Plaintiff   Defendant
$975,000   $25,000
$950,000 unconditionally
or $795,000 if you go to
$85,000 (3 x $60,000 move
from $25,000 to $85,000)
  $85,000
$770,000 unconditionally
or $630,000 if you go to
$145,000 (2.75 x $60,000 move
from $85,000 to $145,000)
  $145,000
$605,000 unconditionally
or $495,000 if you go to
$205,000 (2.25 x $60,000 move
from $145,000 to $205,000)
  $205,000
$470,000 unconditionally
or $390,000 if you go to
$265,000 (1.75 x $60,000 move
from $205,000 to $265,000)
  $265,000
$350,000 <ZONE OF AGREEMENT> $300,000
 

Sometimes a defendant responds to a “bracketed” offer with a “bracketed” offer of its own. This is done because the defendant seeks assurance that its move will be met with a dollar multiple it regards as more advantageous than that offered by the plaintiff.

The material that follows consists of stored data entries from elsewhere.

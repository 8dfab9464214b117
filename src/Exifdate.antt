-- ===== src/Exifdate.antt =====
-- The scan of an MP4 file for its creation time, in internal/exifdate/mp4.go. The file is what
-- `ReadAt` delivers.
pub mod Progress
pub mod Dates
mod Samples
use cardingest.Base.{
  ℕ, zero, suc, ◌+◌, ◌*◌, ◌%◌, ◌^◌, Bool, true, false, Option, none, some, List, [], ◌∷◌, ◌==◌,
  nat_eq, list_eq, if◌then◌else◌, take, drop,
}
use cardingest.Base.Int.{ℤ, pos, negsuc, ◌+ℤ◌, ◌-ℤ◌, ltb_ℤ, leb_ℤ, int64}
use cardingest.Base.Strings.{Text, codes}

-- A file: so many bytes from an offset, or none where they are not all there.
pub record ReaderAt : Type 0 where
  pub read_at : ℤ → ℕ → Option (List ℕ)

-- binary.BigEndian.Uint32 and Uint64
unfoldable pub big_endian : ℕ → List ℕ → ℕ
big_endian n [] = n
big_endian n (b ∷ bytes) = big_endian (n * 256 + b) bytes

-- The start of the payload and the end of the atom.
abbrev pub Found : Type 0
Found = Option (ℤ × ℤ)

-- A round of the loop ends it, or goes on at another offset.
pub data Next : Type 0 where
  stop : Found → Next
  on : ℤ → Next

module _ (r : ReaderAt) where
  -- Past an atom of that size, a positive int64: it is malformed, the one wanted, or passed over.
  unfoldable pub past : ℤ → Text → Text → ℤ → ℤ → Next
  unfolding int64 ◌+ℤ◌ list_eq
  past off typ want size header_len =
      if ltb_ℤ size header_len
      then stop none
      else if typ == want
      then stop (some (int64 (off +ℤ header_len), int64 (off +ℤ size)))
      else on (int64 (off +ℤ size))

  abbrev pub extended : ℤ → Text → Text → Option (List ℕ) → Next
  extended off typ want none = stop none
  extended off typ want (some ext) = past off typ want (int64 (pos (big_endian 0 ext))) (pos 16)

  abbrev pub with_header : ℤ → ℤ → Text → Option (List ℕ) → Next
  with_header off end want none = stop none
  with_header off end want (some hdr) =
      let size = big_endian 0 (take 4 hdr) % 2 ^ 32 in
      let typ = drop 4 hdr in
      if size == 1
      then extended off typ want (r.read_at (int64 (off +ℤ pos 8)) 8)
      else past off typ want (if size == 0 then int64 (end -ℤ off) else pos size) (pos 8)

  unfoldable pub round : ℤ → ℤ → Text → Next
  unfolding past big_endian int64 ◌+ℤ◌ ◌-ℤ◌ nat_eq
  round off end want =
      if leb_ℤ (int64 (off +ℤ pos 8)) end
      then with_header off end want (r.read_at off 8)
      else stop none

  -- The loop of findAtom; `none` where the fuel is used up.
  unfoldable pub find_from : ℕ → ℤ → ℤ → Text → Option Found
  unfolding round
  find_from zero off end want = none
  find_from (suc fuel) off end want = elim (round off end want) [
    | stop found ↦ some found
    | on off' ↦ find_from fuel off' end want
  ]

What follows is often a series of missed offers and counter-offers as the parties struggle to achieve the dollar multiple they regard as appropriate.

An example of such a negotiation would be as represented in the graph below:

Plaintiff   Defendant
$975,000   $25,000
$950,000 unconditionally
or $795,000 if you go to
$85,000 (3 x $60,000 move
from $25,000 to $85,000)

  $85,000 if you
go to $600,000
(seeking a 6.25
to 1 multiple)
$600,000 if you go to
$155,000 (2.79 x $70,000 move

from $85,000 to $155,000)
  $155,000 if you
go to $435,000
(seeking a 3.5
to 1 multiple)
$435,000 if you go to
$225,000 (2.36 x $70,000 move
from $155,000 to $225,000)
  $225,000 if you
go to $345,000
(seeking a 2.8 to
1 multiple)
$345,000 if you go to
$270,000 (2 x $45,000 move
from $225,000 to $270,000)
  $270,000
$320,000 <ZONE OF AGREEMENT> $285,000

It should be observed that this entire negotiation could have come “unzipped” if the defendant had not accepted the plaintiff’s final “bracketed” offer. Even if that acceptance had not occurred, however, the parties would have succeeded in exchanging a tremendous amount of information regarding their settlement positions. This would have substantially advanced the settlement process.

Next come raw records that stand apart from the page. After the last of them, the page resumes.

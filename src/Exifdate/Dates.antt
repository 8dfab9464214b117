-- ===== src/Exifdate/Dates.antt =====
-- The dates of files: mp4.go after the scan, and exifdate.go, of internal/exifdate. The EXIF library
-- and the calendar of `time` are parameters.
pub mod Seconds
use cardingest.Base.{
  ℕ, ◌+◌, ◌^◌, Bool, true, false, Option, none, some, List, [], ◌∷◌, Outcome, ok, err, ◌==◌,
  contains, list_eq, nat_eq, if◌then◌else◌, take, map, ◌%◌,
}
use cardingest.Base.Int.{ℤ, pos, ◌+ℤ◌, ◌*ℤ◌, int64}
use cardingest.Base.Strings.{Text, codes, to_lower, ext}
use cardingest.Card.{FileEntry, Time}
use cardingest.Exifdate.{ReaderAt, Found, big_endian, find_from}

pub data Source : Type 0 where
  source_mtime source_exif source_mp4 : Source

-- Source.String
unfoldable pub source_text : Source → Text
source_text source_exif = codes "exif"
source_text source_mp4 = codes "mp4"
source_text source_mtime = codes "mtime"

-- A file that is open, with its size if Stat gives one.
pub record MediaFile : Type 0 where
  pub reader : ReaderAt
  pub size : Option ℕ

-- What the package asks of others: to open a file, to decode its EXIF data, with what DateTime answers
-- of them, and the time so many nanoseconds after the start of 1904.
pub record Media : Type 0 where
  pub open_media : Text → Option MediaFile
  pub decode : MediaFile → Outcome Text (Outcome Text Time)
  pub after_1904 : ℤ → Time

-- findAtom: the fuel is one more than the bytes of the file.
unfoldable pub find_atom : ReaderAt → ℕ → ℤ → ℤ → Text → Found
unfolding find_from
find_atom r size start end want = elim (find_from r (size + 1) start end want) [
  | none ↦ none
  | some found ↦ found
]

-- time.Duration(secs) * time.Second, both int64.
unfoldable pub duration_of : ℕ → ℤ
unfolding int64 ◌*ℤ◌
duration_of secs = int64 (int64 (pos secs) *ℤ pos (10 ^ 9))

abbrev pub seconds_in : ℕ → Option (List ℕ) → Option ℕ
seconds_in bits none = none
seconds_in bits (some b) = some (big_endian 0 b % 2 ^ bits)

-- The seconds of an mvhd payload, whose first byte is its version.
abbrev pub seconds_at : ReaderAt → ℤ → Option (List ℕ) → Option ℕ
unfolding nat_eq big_endian int64 ◌+ℤ◌
seconds_at r off none = none
seconds_at r off (some head) =
    if take 1 head == 1 ∷ []
    then seconds_in 64 (r.read_at (int64 (off +ℤ pos 4)) 8)
    else seconds_in 32 (r.read_at (int64 (off +ℤ pos 4)) 4)

module _ (M : Media) where
  abbrev pub dated : Option ℕ → Option Time
  unfolding nat_eq duration_of
  dated none = none
  dated (some secs) = if secs == 0 then none else some (M.after_1904 (duration_of secs))

  -- readMvhd
  unfoldable pub read_mvhd : ReaderAt → ℤ → Option Time
  unfolding dated seconds_at
  read_mvhd r off = dated (seconds_at r off (r.read_at off 4))

  abbrev pub in_movie : ReaderAt → Found → Option Time
  unfolding read_mvhd
  in_movie r none = none
  in_movie r (some (start, end)) = read_mvhd r start

  abbrev pub in_file : ReaderAt → ℕ → Found → Option Time
  unfolding in_movie find_atom
  in_file r size none = none
  in_file r size (some (start, end)) = in_movie r (find_atom r size start end (codes "mvhd"))

  abbrev pub in_media : Option MediaFile → Option Time
  unfolding in_file
  in_media none = none
  in_media (some f) = elim f.size [
    | none ↦ none
    | some size ↦ in_file f.reader size (find_atom f.reader size (pos 0) (pos size) (codes "moov"))
  ]

  -- mp4CreationDate
  unfoldable pub mp4_creation_date : Text → Option Time
  unfolding in_media
  mp4_creation_date path = in_media (M.open_media path)

  abbrev pub still_exts : List Text
  still_exts =
      codes ".jpg"
      ∷ codes ".jpeg"
      ∷ codes ".arw"
      ∷ codes ".dng"
      ∷ codes ".tif"
      ∷ codes ".tiff"
      ∷ codes ".cr2"
      ∷ codes ".cr3"
      ∷ codes ".nef"
      ∷ []

  abbrev pub video_exts : List Text
  video_exts = codes ".mp4" ∷ codes ".mov" ∷ codes ".m4v" ∷ []

  abbrev decoded : Outcome Text (Outcome Text Time) → Option Time
  decoded (err cause) = none
  decoded (ok (err cause)) = none
  decoded (ok (ok t)) = some t

  -- exifDate
  abbrev pub exif_date : Text → Option Time
  exif_date path = elim (M.open_media path) [ none ↦ none | some f ↦ decoded (M.decode f) ]

  abbrev pub or_mtime : FileEntry → Source → Option Time → Time × Source
  or_mtime e source none = (e.mod_time, source_mtime)
  or_mtime e source (some t) = (t, source)

  -- DateOf
  unfoldable pub date_of : FileEntry → Time × Source
  unfolding to_lower ext list_eq mp4_creation_date
  date_of e =
      let extension = to_lower (ext e.path) in
      if contains still_exts extension
      then or_mtime e source_exif (exif_date e.path)
      else if contains video_exts extension
      then or_mtime e source_mp4 (mp4_creation_date e.path)
      else (e.mod_time, source_mtime)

Some mediators propose a variation on the use of “bracketed” offers which involves offering to negotiate within settlement “ranges.”

Such an offer is communicated more or less as follows: “I propose that we negotiate in the range of plaintiff demanding $___________ and defendant offering $___________.”

Like a “bracketed” offer, a “range” based offer provides the attorney assurance that a significant move will be reciprocated by the opposing party.

One difference between the two approaches is that “range” based negotiations leave somewhat unclear in whose “court” the “ball rests” to make the next move.

An offer to negotiate within a “range” also leaves the recipient with no backup offer to which it can respond if it is unwilling to accept the proposed “range.